The command will search the content of the specified folder, its subfolders, zip and tar packages for presence of DICOM or gzipped DICOM files. It will then process each identified DICOM file according to specifications provided in the parameter file. In addition to the actions specified in the parameter file, the date the DICOM was recorded will be changed. Specifically, a date found in the StudyDate or SeriesDate field will be replaced either by a randomly generated date or by the date provided in the --replacementdate parameter, if specified. In addition, any occurrence of the acquisition date in any of the other fields in the DICOM file will also be replaced by the same randomly generated or specified date. Please note that any other dates (e.g. participant's birth date) are not automatically identified and replaced. These need to be either deleted or replaced explicitly.

If no outputfolder is provided, the DICOM files will be changed in place. That is the original DICOM files, including the content of zip and tar images, will be replaced with DICOM files processed according to specification in the parameter file. If outputfolder is specified, the original DICOM files will be left unchanged and their processed copy will be saved to the specified directory.

When --extension parameter is specified, the DICOM files will be renamed according to the following instructions:

<subject id>-<sequence id>-<sop>.<specified extension>.<original extension>

subject id will be the PatientID or the StudyID after processing according to parameter file. If neither is present, "NA" will be used. sequence id will be taken from the SeriesNumber field. "NA" will be used if SeriesNumber is not present. sop will be taken from the SOPInstanceUID field. If not present, the sequential number of the file will be used. An example generated filename is:

c0K2H8RBG6_mOd_ykrpVbjuR6g1uYcvdl24CeDxH9tg-1201-1.3.46.670589.11.38138.5.20.1.1.6288.1979112509200131460.deid.dcm

The values from fields designated to be archived by the parameter file will be saved to the specified archive file. If an archive file does not yet exist, it will be created. If it does exist, new content will be appended to it. The information in the archive file will be stored in a comma separated value format. Each value to be archived will be stored in a separate line with the following information:

  • original file name,

  • DICOM hexadecimal field code,

  • DICOM field description and value.

Additionally, if the filename was changed during processing, the information on the new file name will also be provided.

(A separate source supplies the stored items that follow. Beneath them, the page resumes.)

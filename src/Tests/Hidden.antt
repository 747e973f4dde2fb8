-- ===== src/Tests/Hidden.antt =====
-- The theorems on confidential balances and debits, run with a cipher that hides nothing.
use token_22_cts.Prelude.{◌%◌, ◌/◌, ◌≡◌, ◌↔◌, refl, false, some, none, [], ◌∷◌, bytes_eq}
use token_22_cts.Error.{ok}
use token_22_cts.Cluster.{transaction_size, fits_in_one_transaction, with_compute_unit_limit}
use token_22_cts.Cluster.Recorded.{Log, recorded}
use token_22_cts.State.{
  fetch, decode_account, decode_mint, decode_default_state, load_account, load_mint,
  require_transfer_fee, require_confidential,
}
use token_22_cts.Transfer.{expected_fee, sub_u64}
use token_22_cts.Proofs.Interface.{Proof, ProofInterface}
use token_22_cts.Proofs.Units.{compute_units, sum_u32}
use token_22_cts.Proofs.Chunk.{search_chunk, largest_chunk}
use token_22_cts.Proofs.Record.{fill}
use token_22_cts.Proofs.{create_context_account, verify, stage_from_record}
use token_22_cts.Proofs.Consume.{
  opening, opening_units, closing, closing_units, build, send_built, consume,
}
use token_22_cts.Confidential.Interface.{ConfidentialInterface, recorded_confidential}
use token_22_cts.Confidential.{
  ConfidentialKeys, elgamal_ciphertext, decrypt_u32, decrypt_lo_hi, available_balance,
  pending_balance,
}
use token_22_cts.Confidential.Balances.{Recombines, decrypt_lo_hi_iff}
use token_22_cts.Confidential.Lifecycle.{add_u64, apply_pending_balance}
use token_22_cts.Confidential.Debit.{auditor_key, transfer_inputs, finish, run_prepared}
use token_22_cts.Confidential.Transfer.{ConfidentialTransfer, prepare_transfer, transfer}
use token_22_cts.Confidential.Guards.{
  Covered, Applies, transfer-Covered, apply_pending_balance-Applies,
}
use token_22_cts.Tests.Sample.{Chain, at, key, coin_at, toy, start}
use token_22_cts.Tests.Toy.{cluster, shot}
use token_22_cts.Tests.Programs.{coin_shot}
use token_22_cts.Tests.Staged.{plain, proofs, random}

abbrev pub small : Proof
small = record { bytes = 5 ∷ []; context_len = 64 }

-- A ciphertext is its plaintext.
abbrev pub cipher : ConfidentialInterface Chain
cipher = record {
  transfer_amount_lo_bits = 16;
  derive_confidential_keys = λ owner account. ok (record { pubkey = at 50; secret = at 52 }, at 53);
  elgamal_ciphertext_try_from = λ pod. some pod;
  elgamal_pubkey_try_from = λ pod. some pod;
  ae_ciphertext_try_from = λ pod. some pod;
  elgamal_decrypt_u32 = λ secret c. elim c [ [] ↦ none | n ∷ rest ↦ some n ];
  ae_decrypt = λ k c. elim c [ [] ↦ none | n ∷ rest ↦ some n ];
  ae_encrypt = λ k n w. (n ∷ [], w);
  build_pubkey_validity_proof_data = λ keys w. (ok small, w);
  transfer_with_fee_split_proof_data =
      λ ciphertext decryptable amount elgamal ae destination auditor withheld points maximum w. (
        ok (record {
          equality_proof_data = small;
          amount_validity_proof_data = small;
          ciphertext_lo = (amount % 65_536) ∷ [];
          ciphertext_hi = (amount / 65_536) ∷ [];
          percentage_with_cap_proof_data = small;
          fee_validity_proof_data = small;
          range_proof_data = small;
        }),
        w,
      );
  withdraw_proof_data = λ ciphertext balance amount elgamal w.
      (ok (record { equality_proof_data = small; range_proof_data = small }), w);
  configure_account =
      λ id account mint zero_balance maximum authority signers location. ok (plain [] ∷ []);
  approve_account = λ id account mint authority signers. ok (plain []);
  deposit = λ id account mint amount decimals authority signers. ok (plain []);
  apply_pending_balance =
      λ id account counter balance authority signers. ok (plain (counter ∷ balance));
  transfer_with_fee =
      λ id source mint destination balance lo hi owner signers p1 p2 p3 p4 p5. ok (plain [] ∷ []);
  withdraw = λ id account mint amount decimals balance owner signers p1 p2. ok (plain [] ∷ []);
}

abbrev pub keys : ConfidentialKeys
keys = record { elgamal = record { pubkey = at 50; secret = at 52 }; ae = at 53 }

-- Packets that hold anything.
abbrev pub wide : ProofInterface
wide = record proofs {
  wire = record {
    num_required_signatures = λ is payer. 1;
    message_len = λ is payer. 0;
    set_compute_unit_limit = λ units. plain [];
  };
}

decrypt_lo_hi_iff_example :
    (decrypt_lo_hi cipher (at 52) (at 30) (at 2) ≡ ok 131_102)
    ↔ Recombines cipher (at 52) (at 30) (at 2) 131_102
decrypt_lo_hi_iff_example = decrypt_lo_hi_iff cipher (at 52) (at 30) (at 2) 131_102

pub second_loads : load_account toy cluster (at 2) start ≡ ok (shot (at 2) 5_000 false)
unfolding load_account fetch decode_account bytes_eq
second_loads = refl

third_loads : load_account toy cluster (at 3) start ≡ ok (shot (at 3) 0 false)
unfolding load_account fetch decode_account bytes_eq
third_loads = refl

pub mint_loads : load_mint toy cluster coin_at start ≡ ok coin_shot
unfolding load_mint fetch decode_mint decode_default_state bytes_eq
mint_loads = refl

hundred : available_balance cipher (shot (at 2) 5_000 false) keys ≡ ok 100
unfolding available_balance require_confidential
hundred = refl

abbrev pub hidden_transfer : ConfidentialTransfer
hidden_transfer = record {
  amount = 90;
  fee = 0;
  epoch = 4;
  auditor_ciphertext_lo = 90 ∷ [];
  auditor_ciphertext_hi = 0 ∷ [];
}

abbrev pub after_hidden : Chain
unfolding transfer
after_hidden = (transfer toy wide cipher cluster random (at 2) (at 3) (key 40) keys 90 start).1

pub hidden_transferred :
    transfer toy wide cipher cluster random (at 2) (at 3) (key 40) keys 90 start
    ≡ (ok hidden_transfer, after_hidden)
unfolding transfer transfer_inputs load_account load_mint fetch decode_account decode_mint
    decode_default_state require_confidential require_transfer_fee expected_fee available_balance
    auditor_key elgamal_ciphertext sub_u64 run_prepared finish prepare_transfer verify
    stage_from_record fill largest_chunk search_chunk create_context_account compute_units consume
    build opening opening_units closing closing_units send_built sum_u32 fits_in_one_transaction
    transaction_size with_compute_unit_limit bytes_eq
hidden_transferred = refl

transfer-Covered_example :
    Covered toy wide cipher cluster random (at 2) (at 3) (key 40) keys 90 start hidden_transfer
transfer-Covered_example =
    transfer-Covered toy wide cipher cluster random (at 2) (at 3) (key 40) keys 90 start
      hidden_transfer after_hidden hidden_transferred

abbrev pub log_start : Chain × Log
log_start = (start, [])

abbrev after_applying : Chain × Log
unfolding apply_pending_balance
after_applying =
    (apply_pending_balance toy (recorded_confidential cipher) (recorded cluster) (at 2) (key 40)
      keys log_start).1

applied :
    apply_pending_balance toy
      (recorded_confidential cipher)
      (recorded cluster)
      (at 2)
      (key 40)
      keys
      log_start
    ≡ (ok 131_202, after_applying)
unfolding apply_pending_balance load_account fetch decode_account available_balance pending_balance
    decrypt_lo_hi decrypt_u32 elgamal_ciphertext require_confidential add_u64 bytes_eq
applied = refl

apply_pending_balance-Applies_example :
    Applies toy cipher cluster (at 2) (key 40) keys log_start 131_202 after_applying
apply_pending_balance-Applies_example =
    apply_pending_balance-Applies toy cipher cluster (at 2) (key 40) keys log_start 131_202
      after_applying applied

Example archive file content#

Dicom/DICOM/IM_0021,0x81090,"(0008, 1090) Manufacturer's Model Name           LO: 'Achieva'"
Dicom/DICOM/IM_0021,0x80050,"(0008, 0050) Accession Number                    SH: 'OP267'"
Dicom/DICOM/IM_0021,0x100010,"(0010, 0010) Patient's Name                      PN: 'OP267'"
Dicom/DICOM/IM_0021,0x400254,"(0040, 0254) Performed Procedure Step Description LO: 'Psy Test'"
Dicom/DICOM/IM_0021,filename,Dicom/DICOM/c0K2H8RBG6_mOd_ykrpVbjuR6g1uYcvdl24CeDxH9tg-1201-1.3.46.670589.11.38138.5.20.1.1.6288.1979112509200131460.deid.dcm

Please do note that storing information in an archive file presents a possible threat to protection of privacy as the information can be used to identify the study participants. It is the user's responsibility to either securely delete or securely store the archive file in a separate location in accordance with relevant regulations.

Usage notice

Please note the following:

  1. Only the fields explicitly set to be removed or replaced will be changed. It is the responsibility of the user to make sure that no DICOM fields with identifiable information are left.

  2. Only valid DICOM fields can be accessed and changed using QuNex. Any vendor specific metadata that is not stored in regular DICOM fields will not be changed. Please make sure that no such information is present in your DICOM files.

  3. Only metadata stored in DICOM fields can be processed using this tool. If any information is "burnt in" into the image data itself, it cannot be found and changed using QuNex. Please make sure that no such information is present in your DICOM files.